— И на эти самоцветы ваша гризетка тоже могла руки наложить?
— Не могла, Фимочкины драгоценности все до одной описаны и магическими метками защищены. Дядюшка так велел.
Колечко и брошь. Иван Иванович, прищурившись, посмотрел на спину целеустремленной Серафимы. Нашла повод в приказ явиться, авантюристка. И вертит же окружающими, как ей угодно, и кузиной, и госпожой Шароклякиной, и им, Иваном, тоже. «Простите, ради бога простите…» И шмыг за порог, особо секретами не поделившись.
— Может, ну его? — Будто прочитав мысли чародея спросила Натали. — Давайте на причал лучше прогуляемся? Присутственные места меня угнетают. К тому же Фимочка, насколько я успела заметить, не в восторге от вашего общества.
— Какая вы, Наталья Наумовна, наблюдательная! — восхитился Зорин и потащил ее вперед.

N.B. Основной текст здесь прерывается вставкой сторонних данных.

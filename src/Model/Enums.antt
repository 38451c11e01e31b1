-- ===== src/Model/Enums.antt =====
-- The enumerations of backend/api/models.py.
use sih.Prelude.{ℕ, Bool, ◌==◌}

pub data Family : Type 0 where
  rsa dsa dh ecdh ecdsa ed25519 x25519 : Family
  aes chacha20 three_des des rc4 blowfish : Family
  md5 sha_1 sha_2 sha_3 hmac : Family
  ml_kem ml_dsa slh_dsa : Family

pub data CryptoFunction : Type 0 where
  keygen encrypt decrypt sign verify digest tag keyderive unknown : CryptoFunction

pub data RiskBand : Type 0 where
  critical high medium low : RiskBand

pub data Exposure : Type 0 where
  external internal isolated test : Exposure

pub data Criticality : Type 0 where
  mission_critical business_high business_medium business_low : Criticality

pub data Surface : Type 0 where
  source binary certificate config image manifest hardware_hsm : Surface

pub data FindingSource : Type 0 where
  ast ast_reference ast_protocol_string source_constant : FindingSource
  binary_symbol binary_constant binary_oid : FindingSource
  x509_parser pem_parser ssh_key_parser config_parser from_manifest : FindingSource

-- `_BAND_RANK` of backend/api/graph.py
unfoldable pub band_rank : RiskBand → ℕ
band_rank low = 0
band_rank medium = 1
band_rank high = 2
band_rank critical = 3

unfoldable pub band_eq : RiskBand → RiskBand → Bool
unfolding band_rank
band_eq a b = band_rank a == band_rank b

pub data FindingKind : Type 0 where
  algorithm certificate_kind key protocol library : FindingKind

pub data TriageStatus : Type 0 where
  open_triage accepted_risk false_positive fixed : TriageStatus
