-- ===== src/Model/Findings.antt =====
-- Findings and their parts (backend/api/models.py). Texts that the program puts together for a
-- reader (reasons, actions) are data that hold the values put in.
use sih.Prelude.{ℕ, ◌*◌, ◌≤◌, Bool, Option, String, leb}
use sih.Prelude.Int.{ℤ}
use sih.Model.Enums.{
  Family, CryptoFunction, RiskBand, Exposure, Criticality, Surface, FindingSource, FindingKind,
  TriageStatus,
}

-- num / den
pub record Fraction : Type 0 where
  pub num : ℕ
  pub den : ℕ

-- `value >= n`
abbrev pub at_least : Fraction → ℕ → Bool
at_least q n = leb (n * q.den) q.num

abbrev pub IsAtMost : Fraction → Fraction → Type 0
IsAtMost p q = p.num * q.den ≤ q.num * p.den

-- The two texts of `reason`, with what the first one shows.
pub data Reason : Type 0 where
  by_formula : Option Family → CryptoFunction → Exposure → Criticality → ℤ → ℤ → ℕ → Reason
  private_key_floor : Reason

-- `Risk`: the four factors are in hundredths.
pub record Risk : Type 0 where
  pub score : Fraction
  pub band : RiskBand
  pub v : ℕ
  pub f : ℕ
  pub u : Fraction
  pub e : ℕ
  pub k : ℕ
  pub x : ℤ
  pub y : ℤ
  pub z : ℕ
  pub mosca_margin : ℤ
  pub reason : Reason
  pub classically_broken : Bool
  pub hndl : Bool
  pub needs_review : Bool

pub record Location : Type 0 where
  pub path : String
  pub line : Option ℕ
  pub offset : Option ℕ
  pub layer : Option String

-- `RiskCost`: the time is in hundredths of a millisecond.
pub record RiskCost : Type 0 where
  pub pk_bytes_delta : ℤ
  pub wire_bytes_delta : ℤ
  pub op_ms_delta : ℤ

-- The texts of `action`.
pub data Action : Type 0 where
  migrate_key_establishment migrate_signatures : String → Action
  replace_cipher replace_hash : Family → Action
  move_to_hmac_sha_256 verify_key_size : Action

pub record Recommendation : Type 0 where
  pub action : Action
  pub target : Option String
  pub cost : RiskCost

pub record Triage : Type 0 where
  pub status : TriageStatus
  pub note : Option String

pub record Finding : Type 0 where
  pub id : String
  pub kind : FindingKind
  pub surface : Surface
  pub family : Option Family
  pub display_name : String
  pub key_size : Option ℕ
  pub mode : Option String
  pub curve : Option String
  pub function : CryptoFunction
  pub location : Location
  pub symbol : String
  pub snippet : String
  pub source : FindingSource
  pub confidence : ℕ
  pub risk : Option Risk
  pub recommendation : Option Recommendation
  pub triage : Triage
  pub negotiated : Option Bool
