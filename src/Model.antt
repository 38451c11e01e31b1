-- ===== src/Model.antt =====
-- The vocabulary of the program (backend/api/models.py, backend/engine/models.py): enumerations,
-- policies and detections. Names, paths and ids are only compared, and are texts.
pub mod Enums
pub mod Findings
pub mod Scans
pub mod Samples
unfoldable pub use Enums.*
pub use Findings.*
use sih.Prelude.{ℕ, Option, String, List}
use sih.Prelude.Int.{ℤ}

-- `Context`: how long data must stay secret, and how long a migration takes, in years.
pub record Context : Type 0 where
  pub exposure : Exposure
  pub criticality : Criticality
  pub shelf_life_years : ℤ
  pub migration_years : ℤ

-- `ContextWithGlob`
pub record GlobContext : Type 0 where
  pub context : Context
  pub glob : String

-- `Policy`: `crqc_years` is the horizon Z.
pub record Policy : Type 0 where
  pub id : String
  pub name : String
  pub crqc_years : ℕ
  pub default : Context
  pub contexts : List GlobContext

-- `Detection`, with the fields that scoring and recommending read. A confidence is in hundredths.
pub record Detection : Type 0 where
  pub surface : Surface
  pub family : Option Family
  pub display_name : String
  pub function : CryptoFunction
  pub path : String
  pub line : Option ℕ
  pub symbol : String
  pub confidence : ℕ
  pub key_size : Option ℕ
  pub mode : Option String
  pub curve : Option String
  pub underlying_hash_family : Option Family
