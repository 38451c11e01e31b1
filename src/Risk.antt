-- ===== src/Risk.antt =====
-- The Mosca risk formula (backend/engine/risk.py).
-- The factors V, F, E and K are decimals of two places at most, and are counted in hundredths.
-- Urgency and score are exact fractions: the program computes them in floating point.
pub mod Families
pub mod Factors
pub mod Formula
pub mod Floor
pub mod Catalog
pub mod Recommend
mod Tests
use sih.Prelude.{
  ℕ, ◌+◌, ◌*◌, ◌≤◌, ◌^◌, min, max, Bool, true, false, Option, none, some, ◌==◌, leb, if◌then◌else◌,
}
use mathlib.Core.Option
use sih.Prelude.Int.{ℤ, pos, pos_part, ◌+ℤ◌, ◌-ℤ◌, ◌*ℤ◌, ltb_ℤ}
use sih.Model.{RiskBand, critical, high, medium, low, Fraction, at_least}

-- `max(low, min(high, value))`
unfoldable pub clamp : ℤ → ℤ → ℤ → ℤ
clamp value least most =
    let m : ℤ = if ltb_ℤ value most then value else most in if ltb_ℤ least m then m else least

-- `0.5 + margin / (2 * z)` between 0.05 and 1.0, for a horizon above 0: over the denominator
-- `20 * z` these are `10 * z + 10 * margin`, `z` and `20 * z`.
unfoldable pub urgency_of : ℤ → ℤ → ℕ → Fraction
urgency_of x y z =
    let margin = x +ℤ y -ℤ pos z in
    record {
      num = pos_part (clamp (pos (10 * z) +ℤ pos 10 *ℤ margin) (pos z) (pos (20 * z)));
      den = 20 * z;
    }

-- `none` is the `ZeroDivisionError` of a horizon of 0 years.
unfoldable pub compute_urgency : ℤ → ℤ → ℕ → Bool → Option Fraction
compute_urgency x y z true = some (record { num = 1; den = 1 })
compute_urgency x y z false = if z == 0 then none else some (urgency_of x y z)

-- `clamp(100.0 * v * f * u * e * k, 0.0, 100.0)`; the four hundredths make a denominator of
-- 10 ^ 8, less the factor 100.
unfoldable pub compute_score : ℕ → ℕ → ℕ → ℕ → Fraction → Fraction
compute_score v f e k u = record {
  num = min (v * f * e * k * u.num) (100 * (10 ^ 6 * u.den));
  den = 10 ^ 6 * u.den;
}

unfoldable pub band_for_score : Fraction → RiskBand
band_for_score s =
    if at_least s 60
    then critical
    else if at_least s 35
    then high
    else if at_least s 15
    then medium
    else low

-- The three results of `rescore`.
pub record Scored : Type 0 where
  pub score : Fraction
  pub urgency : Fraction
  pub band : RiskBand

unfoldable pub scored_at : ℕ → ℕ → ℕ → ℕ → Fraction → Scored
unfolding compute_score band_for_score
scored_at v f e k u =
    let score = compute_score v f e k u in
    record { score = score; urgency = u; band = band_for_score score }

unfoldable pub rescore : ℕ → ℕ → ℕ → ℕ → ℤ → ℤ → ℕ → Bool → Option Scored
rescore v f e k x y z broken = Option.map (scored_at v f e k) (compute_urgency x y z broken)
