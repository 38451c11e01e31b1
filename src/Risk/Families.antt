-- ===== src/Risk/Families.antt =====
-- The vulnerability table (backend/engine/families.py). V is in hundredths.
use sih.Prelude.{ℕ, Bool, true, false, ◌||◌, Option, none, some, ltb, if◌then◌else◌}
use sih.Model.{
  Family, rsa, dsa, dh, ecdh, ecdsa, ed25519, x25519, aes, chacha20, three_des, des, rc4, blowfish,
  md5, sha_1, sha_2, sha_3, hmac, ml_kem, ml_dsa, slh_dsa,
}

-- `_SHOR_BROKEN`
unfoldable pub is_shor_broken : Family → Bool
is_shor_broken rsa = true
is_shor_broken dsa = true
is_shor_broken dh = true
is_shor_broken ecdh = true
is_shor_broken ecdsa = true
is_shor_broken ed25519 = true
is_shor_broken x25519 = true
is_shor_broken _ = false

-- `_POST_QUANTUM`
unfoldable pub is_post_quantum : Family → Bool
is_post_quantum ml_kem = true
is_post_quantum ml_dsa = true
is_post_quantum slh_dsa = true
is_post_quantum _ = false

-- `_CLASSICALLY_BROKEN`
unfoldable pub is_classically_broken : Family → Bool
is_classically_broken md5 = true
is_classically_broken sha_1 = true
is_classically_broken des = true
is_classically_broken rc4 = true
is_classically_broken three_des = true
is_classically_broken _ = false

-- `_HASH_FAMILIES`
unfoldable pub is_hash : Family → Bool
is_hash md5 = true
is_hash sha_1 = true
is_hash sha_2 = true
is_hash sha_3 = true
is_hash _ = false

unfoldable pub is_blowfish : Family → Bool
is_blowfish blowfish = true
is_blowfish _ = false

unfoldable pub is_aes : Family → Bool
is_aes aes = true
is_aes _ = false

unfoldable pub is_chacha20 : Family → Bool
is_chacha20 chacha20 = true
is_chacha20 _ = false

unfoldable pub is_hmac : Family → Bool
is_hmac hmac = true
is_hmac _ = false

-- `key_size is not None and key_size < bits`
abbrev pub below : ℕ → Option ℕ → Bool
below bits none = false
below bits (some n) = ltb n bits

unfoldable pub vulnerability : Family → Option ℕ → ℕ
unfolding is_shor_broken is_post_quantum is_classically_broken is_hash is_blowfish is_aes
    is_chacha20 is_hmac
vulnerability family key_size =
    if is_shor_broken family
    then 100
    else if is_post_quantum family
    then 0
    else if is_classically_broken family
    then 100
    else if is_blowfish family
    then 100
    else if is_aes family || is_chacha20 family
    then (if below 256 key_size then 60 else 10)
    else if is_hash family
    then 5
    else if is_hmac family
    then 5
    else 50
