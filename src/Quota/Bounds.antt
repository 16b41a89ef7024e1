-- ===== src/Quota/Bounds.antt =====
-- The ceilings that `check_and_record` of src/producer_quota/tracker.rs enforces, over any
-- sequence of checks.
use messgr.Base.{
  ℕ, ◌+◌, ◌-◌, ◌≤◌, max, ◌≡◌, inl, inr, true, false, none, some, List, [], ◌∷◌, arith,
  if◌then◌else◌, ◌==◌, beq_refl, beq_eq, Bool-cases, Option-cases, All, get_or, lookup, put,
  lookup-put, nat_eq, string_eq, option_eq,
}
use messgr.Zone.{Zone}
use messgr.Quota.Tracker.{
  reached, sent_once, no_counters, Key, EffectiveQuota, Window, Counters, QuotaDecision,
  QuotaTracker, admit, soft_breach, defer, hard, auth, check_quota, check_and_record, record_admit,
  rolled, minute_window_start, day_window_start, key_eq,
}

abbrev is_admit : QuotaDecision → ℕ
is_admit admit = 1
is_admit soft_breach = 0
is_admit (defer t) = 0

-- What a window has counted since `start`, if that is the window it is in.
abbrev pub counted : Window → ℕ → ℕ
counted w start = if w.window_start == some start then w.sent else 0

abbrev entry_of : QuotaTracker → Key → Counters
entry_of q key = get_or (lookup key q.counters) no_counters

-- How many messages the tracker has counted for a key in the minute, or the day, that starts
-- at `start`.
unfoldable pub sent_in_minute : QuotaTracker → Key → ℕ → ℕ
sent_in_minute q key start = counted (entry_of q key).minute start

unfoldable pub sent_in_day : QuotaTracker → Key → ℕ → ℕ
sent_in_day q key start = counted (entry_of q key).day start

module _ (tz : Zone) where
  config-check :
      (q : QuotaTracker) (k : Key) (now : ℕ) → (check_and_record tz q k now).0.config ≡ q.config
  unfolding check_and_record
  config-check q k now = ground arith

  -- How many of a sequence of checks are admitted for a key.
  pub admitted : Key → QuotaTracker → List (Key × ℕ) → ℕ
  admitted key q [] = 0
  admitted key q ((k, now) ∷ rest) =
      let (q', decision) = check_and_record tz q k now in
      (if k == key then is_admit decision else 0) + admitted key q' rest

  -- The entry that a check leaves under its key.
  pub checked : QuotaTracker → Key → ℕ → Counters
  checked q k now =
      if k.class == auth then sent_once tz (rolled tz q k now) else elim (lookup k q.config) [
        | none ↦ sent_once tz (rolled tz q k now)
        | some effective ↦ (check_quota tz effective (rolled tz q k now) now).0
      ]

  counters-check :
      (q : QuotaTracker) (k : Key) (now : ℕ)
      → (check_and_record tz q k now).0.counters ≡ put k (checked q k now) q.counters
  unfolding check_and_record checked record_admit
  counters-check q k now = elim (Bool-cases (k.class == auth)) [
    | inl e ↦ ground (arith, e)
    | inr e ↦ elim (Option-cases (lookup k q.config)) [
      | inl c ↦ ground (arith, e, c)
      | inr (eff, c) ↦ ground (arith, e, c)
    ]
  ]

  -- A check changes the counters of its own key only.
  pub lookup-check :
      (q : QuotaTracker) (k key : Key) (now : ℕ)
      → lookup key (check_and_record tz q k now).0.counters
        ≡ (if k == key then some (checked q k now) else lookup key q.counters)
  lookup-check q k key now =
      rw (counters-check q k now) (lookup-put k key (checked q k now) q.counters)

  rolled_minute :
      (q : QuotaTracker) (k : Key) (now : ℕ)
      → ((rolled tz q k now).minute.window_start ≡ some (minute_window_start now))
        × ((rolled tz q k now).minute.sent ≡ sent_in_minute q k (minute_window_start now))
  unfolding rolled sent_in_minute
  rolled_minute q k now = ground arith

  rolled_day :
      (q : QuotaTracker) (k : Key) (now : ℕ)
      → ((rolled tz q k now).day.window_start ≡ some (day_window_start tz now))
        × ((rolled tz q k now).day.sent ≡ sent_in_day q k (day_window_start tz now))
  unfolding rolled sent_in_day
  rolled_day q k now = ground arith

  -- A hard quota's check on one entry: exactly the admitted messages are counted, and none that
  -- would pass a ceiling.
  check_quota-hard :
      (eff : EffectiveQuota) (c : Counters) (now : ℕ)
      → (eff.enforcement == hard) ≡ true
      → let (c', d) = check_quota tz eff c now in
        (c'.minute.window_start ≡ c.minute.window_start)
        × (c'.day.window_start ≡ c.day.window_start)
        × (c'.minute.sent ≡ c.minute.sent + is_admit d)
        × (c'.day.sent ≡ c.day.sent + is_admit d)
        × (is_admit d ≤ 1)
        × (reached eff.per_minute c.minute.sent ≡ true → is_admit d ≡ 0)
        × (reached eff.per_day c.day.sent ≡ true → is_admit d ≡ 0)
  unfolding check_quota
  check_quota-hard eff c now h = ground arith

  module _ (key : Key) (eff : EffectiveQuota) where
    -- The key is under a hard quota and is not the authentication class.
    abbrev pub IsHard : QuotaTracker → Type 0
    IsHard q =
        (lookup key q.config ≡ some eff)
        × ((eff.enforcement == hard) ≡ true)
        × ((key.class == auth) ≡ false)

    check-IsHard :
        (q : QuotaTracker) (k : Key) (now : ℕ) → IsHard q → IsHard (check_and_record tz q k now).0
    check-IsHard q k now h = rw (config-check q k now) h

    checked_hard :
        (q : QuotaTracker) (now : ℕ)
        → IsHard q
        → let (c', d) = check_quota tz eff (rolled tz q key now) now in
          (checked q key now ≡ c') × ((check_and_record tz q key now).1 ≡ d)
    unfolding checked check_and_record
    checked_hard q now h = ground (arith, h)

    own_minute :
        (q : QuotaTracker) (now limit : ℕ)
        → IsHard q
        → eff.per_minute ≡ some limit
        → (sent_in_minute (check_and_record tz q key now).0 key (minute_window_start now)
            ≡ sent_in_minute q key (minute_window_start now)
              + is_admit (check_and_record tz q key now).1)
          × (sent_in_minute (check_and_record tz q key now).0 key (minute_window_start now)
              ≤ max limit (sent_in_minute q key (minute_window_start now)))
    unfolding sent_in_minute
    own_minute q now limit h e = ground (
      arith,
      lookup-check q key key now,
      beq_refl key,
      checked_hard q now h,
      rolled_minute q key now,
      check_quota-hard eff (rolled tz q key now) now h.1,
      beq_refl (minute_window_start now),
    )

    own_minute_at :
        (q : QuotaTracker) (k : Key) (now limit m : ℕ)
        → IsHard q
        → eff.per_minute ≡ some limit
        → minute_window_start now ≡ m
        → (k == key) ≡ true
        → (sent_in_minute (check_and_record tz q k now).0 key m
            ≡ sent_in_minute q key m + is_admit (check_and_record tz q k now).1)
          × (sent_in_minute (check_and_record tz q k now).0 key m
              ≤ max limit (sent_in_minute q key m))
    own_minute_at q k now limit m h e t same =
        rw (beq_eq k key same, ← t) (own_minute q now limit h e)

    other_minute :
        (q : QuotaTracker) (k : Key) (now m : ℕ)
        → (k == key) ≡ false
        → sent_in_minute (check_and_record tz q k now).0 key m ≡ sent_in_minute q key m
    unfolding sent_in_minute
    other_minute q k now m e = rw (lookup-check q k key now, e)

    -- For a key under a hard quota with a minute ceiling: checks inside one minute, in any order and
    -- mixed with other keys' checks, admit at most what is left of the ceiling.
    pub admitted-le-per_minute :
        (q : QuotaTracker) (calls : List (Key × ℕ)) (limit m : ℕ)
        → IsHard q
        → eff.per_minute ≡ some limit
        → All (λ call. minute_window_start call.1 ≡ m) calls
        → admitted key q calls ≤ limit - sent_in_minute q key m
    unfolding admitted
    admitted-le-per_minute q [] limit m h e t = omega arith
    admitted-le-per_minute q ((k, now) ∷ rest) limit m h e t =
        let q' : QuotaTracker = (check_and_record tz q k now).0 in
        let ih : admitted key q' rest ≤ limit - sent_in_minute q' key m =
          admitted-le-per_minute q' rest limit m (check-IsHard q k now h) e t.1 in
        elim (Bool-cases (k == key)) [
          | inl same ↦ ground (arith, same, own_minute_at q k now limit m h e t.0 same, ih)
          | inr other ↦ ground (arith, other, other_minute q k now m other, ih)
        ]

    own_day :
        (q : QuotaTracker) (now limit : ℕ)
        → IsHard q
        → eff.per_day ≡ some limit
        → (sent_in_day (check_and_record tz q key now).0 key (day_window_start tz now)
            ≡ sent_in_day q key (day_window_start tz now)
              + is_admit (check_and_record tz q key now).1)
          × (sent_in_day (check_and_record tz q key now).0 key (day_window_start tz now)
              ≤ max limit (sent_in_day q key (day_window_start tz now)))
    unfolding sent_in_day
    own_day q now limit h e = ground (
      arith,
      lookup-check q key key now,
      beq_refl key,
      checked_hard q now h,
      rolled_day q key now,
      check_quota-hard eff (rolled tz q key now) now h.1,
      beq_refl (day_window_start tz now),
    )

    own_day_at :
        (q : QuotaTracker) (k : Key) (now limit m : ℕ)
        → IsHard q
        → eff.per_day ≡ some limit
        → day_window_start tz now ≡ m
        → (k == key) ≡ true
        → (sent_in_day (check_and_record tz q k now).0 key m
            ≡ sent_in_day q key m + is_admit (check_and_record tz q k now).1)
          × (sent_in_day (check_and_record tz q k now).0 key m ≤ max limit (sent_in_day q key m))
    own_day_at q k now limit m h e t same = rw (beq_eq k key same, ← t) (own_day q now limit h e)

    other_day :
        (q : QuotaTracker) (k : Key) (now m : ℕ)
        → (k == key) ≡ false
        → sent_in_day (check_and_record tz q k now).0 key m ≡ sent_in_day q key m
    unfolding sent_in_day
    other_day q k now m e = rw (lookup-check q k key now, e)

    -- For a key under a hard quota with a day ceiling: checks inside one local day, in any order and
    -- mixed with other keys' checks, admit at most what is left of the ceiling.
    pub admitted-le-per_day :
        (q : QuotaTracker) (calls : List (Key × ℕ)) (limit m : ℕ)
        → IsHard q
        → eff.per_day ≡ some limit
        → All (λ call. day_window_start tz call.1 ≡ m) calls
        → admitted key q calls ≤ limit - sent_in_day q key m
    unfolding admitted
    admitted-le-per_day q [] limit m h e t = omega arith
    admitted-le-per_day q ((k, now) ∷ rest) limit m h e t =
        let q' : QuotaTracker = (check_and_record tz q k now).0 in
        let ih : admitted key q' rest ≤ limit - sent_in_day q' key m =
          admitted-le-per_day q' rest limit m (check-IsHard q k now h) e t.1 in
        elim (Bool-cases (k == key)) [
          | inl same ↦ ground (arith, same, own_day_at q k now limit m h e t.0 same, ih)
          | inr other ↦ ground (arith, other, other_day q k now m other, ih)
        ]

Барышня охнула, затем зачастила:
— Мне нельзя, решительно нельзя неудовольствие Абызовых вызвать. Поймите, Ванечка, я в полной их власти. Сейчас, когда мне пришлось расстаться с Лулу, Фимочка велела к ней в апартаменты переезжать, потому что мне теперь одной оставаться неприлично.
— Чудовищная ситуация.
Серафима уже спускалась по ступеням к дощатой террасе пляжа. Лариса Павловна тяжело дышала, прислонившись к балюстраде.
— Но Фимочка так настаивала на увольнении Лулу…
— Неужели?
— Она уверена, что моя горничная распускала нехорошие слухи о ней в местном обществе. Ну, знаете, о том, что Фимина матушка… — Натали смолкла, будто не решаясь говорить дальше.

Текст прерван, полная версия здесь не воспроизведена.